Months before, a body had risen like a sword, sheer from the lake, happy in the sun — and the same body had appeared for an instant in just the same way, minutes ago, desperate for survival. Alice had disappeared. But wherever she was in the water she remained a promise I might one day redeem. Ross joined me again and we both looked out on the fruitless search.

‘Of course, she was so much her own worst enemy, too,’ he said. ‘Inventing things all the time. Crying wolf.’

‘What do you mean?’ I had hardly any anger left, even for Ross. But I did my best.

‘She wouldn’t be drowned out there somewhere, Marlow, if she hadn’t been such a storyteller —’

‘You’re the liar, Ross —’

‘Oh yes, the local police would have believed her then — when she phoned them two nights ago, saying you were with her, right there in the house with her, she said, in the next bedroom in fact. But they didn’t believe her. Just thought it was another of her fantasies. It wasn’t the first time she’d taken them for a ride, you see. Ever since she first came here, apparently — she’s had them on the hop over something or other, calling them all hours of the day and night: she was being raped or the Martians were landing out on the cricket pitch. That sort of joke. Besides, they’d been through the whole house and the estate with a fine comb, twice before, looking for you. So they didn’t believe her when she called them late the other night, after that fancy dress ball. They did nothing about it — till that nurse of hers called them yesterday afternoon. Saved a lot of trouble, wouldn’t it, if she’d been the sort of woman you could believe. But she was crazy. And that’s that.’

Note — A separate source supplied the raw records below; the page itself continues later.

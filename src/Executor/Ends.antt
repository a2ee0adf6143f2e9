-- ===== src/Executor/Ends.antt =====
-- The loop of ExecuteWorkflow ends before its limit of iterations, in one of three ways.
use ottoflow.Prelude.{
  ℕ, zero, suc, ◌*◌, ◌≤◌, ◌<◌, String, true, false, none, some, List, [], ◌∷◌, ◌≡◌, ◌≢◌, refl, sym,
  ◌∙◌, inl, inr, subst, arith, Bool-cases, contains, contains_self, length,
}
use ottoflow.Api.Step.{Step, Workflow}
use ottoflow.Api.Run.{RunPhase, StepPhase}
use ottoflow.Dag.{Dag, unset, get_ready_steps, node_names, build_dag, ok}
use ottoflow.Dag.Build.{RangeOk}
use ottoflow.Dag.Ready.{get_ready_steps_progress}
use ottoflow.Executor.{
  Env, Exec, End, returned, paused, failed_with, Next, next, stop, get_status, find_step, statuses,
  run_ready, limit_ready, record_workflow_success, conclude, finish, iterate, all_done,
  initialize_statuses, begin, run_steps,
}
use ottoflow.Executor.Ran.{Statuses}
use ottoflow.Executor.Order.{completed}
use ottoflow.Executor.Loop.{RangesOk, ready_at, ready_at_sound, covers, begin-statuses}
use ottoflow.Executor.Count.{
  IsDistinct, is_step-of-find_step, completed_steps-find, not_done, pending_count, pending_count-le,
  pending_count-pos,
}
use ottoflow.Executor.Finish.{IsClean, Progress, run_ready-Progress}

-- How ExecuteWorkflow returns: with every step done and the run marked as succeeded; paused, with a
-- step that waits; or with an error and the run marked as failed.
abbrev pub Ended : {W : Type 0} → List Step → End × Exec W → Type 0
Ended steps (returned, y) =
    (all_done steps (statuses y) ≡ true) × (y.status.phase ≡ RunPhase.succeeded)
Ended steps (paused e, y) =
    (name : String) × ((get_status name (statuses y)).phase ≡ StepPhase.waiting)
Ended steps (failed_with e, y) = y.status.phase ≡ RunPhase.failed

limit_ready-some :
    (a : String) (max : ℕ) (xs : List String) → contains a xs ≡ true → limit_ready max xs ≢ []
unfolding limit_ready
limit_ready-some a max [] h = cc
limit_ready-some a zero (x ∷ xs) h = λ e. ground arith
limit_ready-some a (suc max) (x ∷ xs) h = λ e. ground arith

module _ {W : Type 0} (env : Env W) (ranges : RangesOk env) (range : List String → List String)
    (range_ok : RangeOk range) (steps : List Step) (distinct : IsDistinct steps) (d : Dag)
    (built : build_dag range steps ≡ ok d) where
  -- In a clean state a step that is not done is pending, and then some step is ready.
  open_step :
      (m : Statuses)
      → all_done steps m ≡ false
      → (s : Step) × (find_step s.name steps ≡ some s) × (completed steps m s.name ≡ false)
  open_step m e =
      let (s, found, open_s) = not_done steps m distinct e in
      (s, found, completed_steps-find steps m unset s.name s distinct found ∙ open_s)

  finish-Ended :
      (x : Exec W)
      → IsClean steps (statuses x)
      → pending_count steps (statuses x) ≤ 0
      → Ended {W = W} steps (finish env steps x)
  unfolding finish record_workflow_success
  finish-Ended x clean none_pending = elim (Bool-cases (all_done steps (statuses x))) [
    | inl e ↦ rw (e, finish) (e, refl)
    | inr e ↦
        let (s, found, c) = open_step (statuses x) e in
        let is = is_step-of-find_step steps s.name s found in
        absurd (elim (clean s.name is) [
          | inl p ↦ omega (arith, pending_count-pos steps (statuses x) s.name is p)
          | inr q ↦ cc (q, c)
        ])
  ]

  conclude-Ended :
      (i max : ℕ) (x : Exec W)
      → ready_at env ranges range range_ok steps d built i max (statuses x) ≡ []
      → Ended {W = W} steps (conclude env steps x)
  unfolding conclude record_workflow_success
  conclude-Ended i max x idle = elim (Bool-cases (all_done steps (statuses x))) [
    | inl e ↦ rw (e, conclude) (e, refl)
    | inr e ↦
        let (s, found, c) = open_step (statuses x) e in
        let order = env.range i (node_names d.nodes) in
        let (b, m) =
          get_ready_steps_progress range range_ok steps d built order
            (covers env ranges range range_ok steps d built i) (completed steps (statuses x)) s.name
            (is_step-of-find_step steps s.name s found) c in
        absurd
          (limit_ready-some b max (get_ready_steps d order (completed steps (statuses x))) m idle)
  ]

  after-Ended :
      (left i max : ℕ) (x : Exec W) (r : Next W)
      → Progress env steps distinct x r
      → ((y : Exec W)
          → IsClean steps (statuses y)
          → pending_count steps (statuses y) < pending_count steps (statuses x)
          → Ended {W = W} steps (iterate env left (suc i) steps d max y))
      → Ended {W = W} steps (elim r [
        | stop e y ↦ (e, y)
        | next true y ↦ iterate env left (suc i) steps d max y
        | next false y ↦ finish env steps y
      ])
  after-Ended left i max x (stop returned y) h rest = absurd h
  after-Ended left i max x (stop (paused e) y) h rest = h
  after-Ended left i max x (stop (failed_with e) y) h rest = h
  after-Ended left i max x (next false y) (t, c, k) rest = absurd cc
  after-Ended left i max x (next true y) (t, c, k) rest = rest y c k

  round-Ended :
      (left i max : ℕ) (x : Exec W)
      → IsClean steps (statuses x)
      → (ready : List String)
      → ready_at env ranges range range_ok steps d built i max (statuses x) ≡ ready
      → ((y : Exec W)
          → IsClean steps (statuses y)
          → pending_count steps (statuses y) < pending_count steps (statuses x)
          → Ended {W = W} steps (iterate env left (suc i) steps d max y))
      → Ended {W = W} steps (elim ready [
        | [] ↦ conclude env steps x
        | name ∷ names ↦ elim (run_ready env steps (name ∷ names) false x) [
          | stop e y ↦ (e, y)
          | next true y ↦ iterate env left (suc i) steps d max y
          | next false y ↦ finish env steps y
        ]
      ])
  round-Ended left i max x clean [] idle rest = conclude-Ended i max x idle
  round-Ended left i max x clean (name ∷ names) busy rest =
      let sound = λ (a : String) (m : contains a (name ∷ names) ≡ true).
        ready_at_sound env ranges range range_ok steps d built i max (statuses x) a
          (subst (λ l. contains a l ≡ true) (sym busy) m) in
      let head = sound name (contains_self name names) in
      after-Ended left i max x (run_ready env steps (name ∷ names) false x)
        (run_ready-Progress env steps distinct name names x (λ a m. (sound a m).0)
          (elim (clean name head.0) [ inl p ↦ p | inr c ↦ absurd (cc (c, head.1)) ]) clean)
        rest

  iterate-Ended :
      (left i max : ℕ) (x : Exec W)
      → IsClean steps (statuses x)
      → pending_count steps (statuses x) ≤ left
      → Ended {W = W} steps (iterate env left i steps d max x)
  unfolding iterate
  iterate-Ended zero i max x clean few = finish-Ended x clean few
  iterate-Ended (suc left) i max x clean few =
      round-Ended left i max x clean
        (ready_at env ranges range range_ok steps d built i max (statuses x)) refl
        (λ y c k. iterate-Ended left (suc i) max y c (omega arith))

module _ {W : Type 0} (env : Env W) (ranges : RangesOk env) (range : List String → List String)
    (range_ok : RangeOk range) (wf : Workflow) (distinct : IsDistinct wf.steps) (d : Dag)
    (built : build_dag range wf.steps ≡ ok d) where
  -- For steps with distinct names whose graph BuildDAG returned, and from statuses, with the missing
  -- ones filled in, in which every step is pending or done, the loop of ExecuteWorkflow ends within
  -- its limit of iterations in one of three ways: it returns without an error, with every step done
  -- and the run marked as succeeded; it returns the pause for a callback, with a step in phase
  -- Waiting; or it returns another error, with the run marked as failed. It never returns without an
  -- error while work is left.
  pub run_steps-Ended :
      (x : Exec W)
      → IsClean wf.steps (initialize_statuses wf.steps (statuses x))
      → Ended wf.steps (run_steps env wf d x)
  unfolding run_steps
  run_steps-Ended x clean =
      let max : ℕ = elim wf.max_concurrent_steps [ none ↦ 0 | some n ↦ n ] in
      let begun = begin-statuses env wf x in
      iterate-Ended env ranges range range_ok wf.steps distinct d built (length wf.steps * 2) 0 max
        (begin env wf x) (subst (IsClean wf.steps) (sym begun) clean)
        (omega (arith, pending_count-le wf.steps (statuses (begin env wf x))))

Ross looked grimly over the sun-streaked water.

‘You’re lying, Ross,’ I told him confidently again. ‘You’re the storyteller.’

He turned and smiled. ‘So she fooled you too, did she?’

And I couldn’t answer him then.

* * *

They took me to the police station in Stow first, where they charged me with Laura’s murder, and then to the cells and the court in Oxford the following day, where I was more formally charged: and afterwards held in custody, pending trial. That was over six weeks ago.

Later I was also accused of manslaughter — the African in the old laundry; of causing grievous bodily harm to a Libyan in the Oxford Natural History Museum and of killing a youth with a stolen bow and aluminium arrow …

Ross must be pleased. I’m not likely to betray his department with my ‘memoirs’ now. Or not yet, at least. No: I’ve written all this instead. This will be my defence. My lawyer thinks that with any luck, when all the contrary evidence comes to light, I’m likely to be cleared of all or most of the charges. With any luck? I don’t believe much in that now.

On the other hand I’ve had so much luck already. In meeting Laura and Alice, in loving them. And I don’t doubt it now, as I did when I was first living up in the trees like a savage in the hidden valley, that quality, not duration, is the significant thing in love. Or do I believe this now simply because I have to? The women dead, myself incarcerated in a prison cell. A gloomy thought. There is the bright side, however. I’m bound to be freed sooner or later, proved as innocent as Alice was: and Laura, all of us victims of a vicious, mendacious world.

But then comes the awful doubt: will I ever be released by such a world? In prison one’s thoughts swing wildly between extremes of hope and fear. Only one thing is certain. Clare, I’ve heard, is alive and well, living again by the long Atlantic rollers with her grandparents in Cascais. She has certainly escaped all the lies and every other mean human scheme, escaped back into her own wild landscapes. And I can see her now, as she was when she rushed up to the top of the cork tree that evening in the overblown summer garden by the sea — when she perched in the topmost branches there, against the blue Atlantic sky, gazing like a look-out towards another world — a girl in the crow’s nest of a ship, blonde hair running in the wind, absorbed in some secret voyage.

She’s free. She’s going somewhere. I’m certain of that, at least.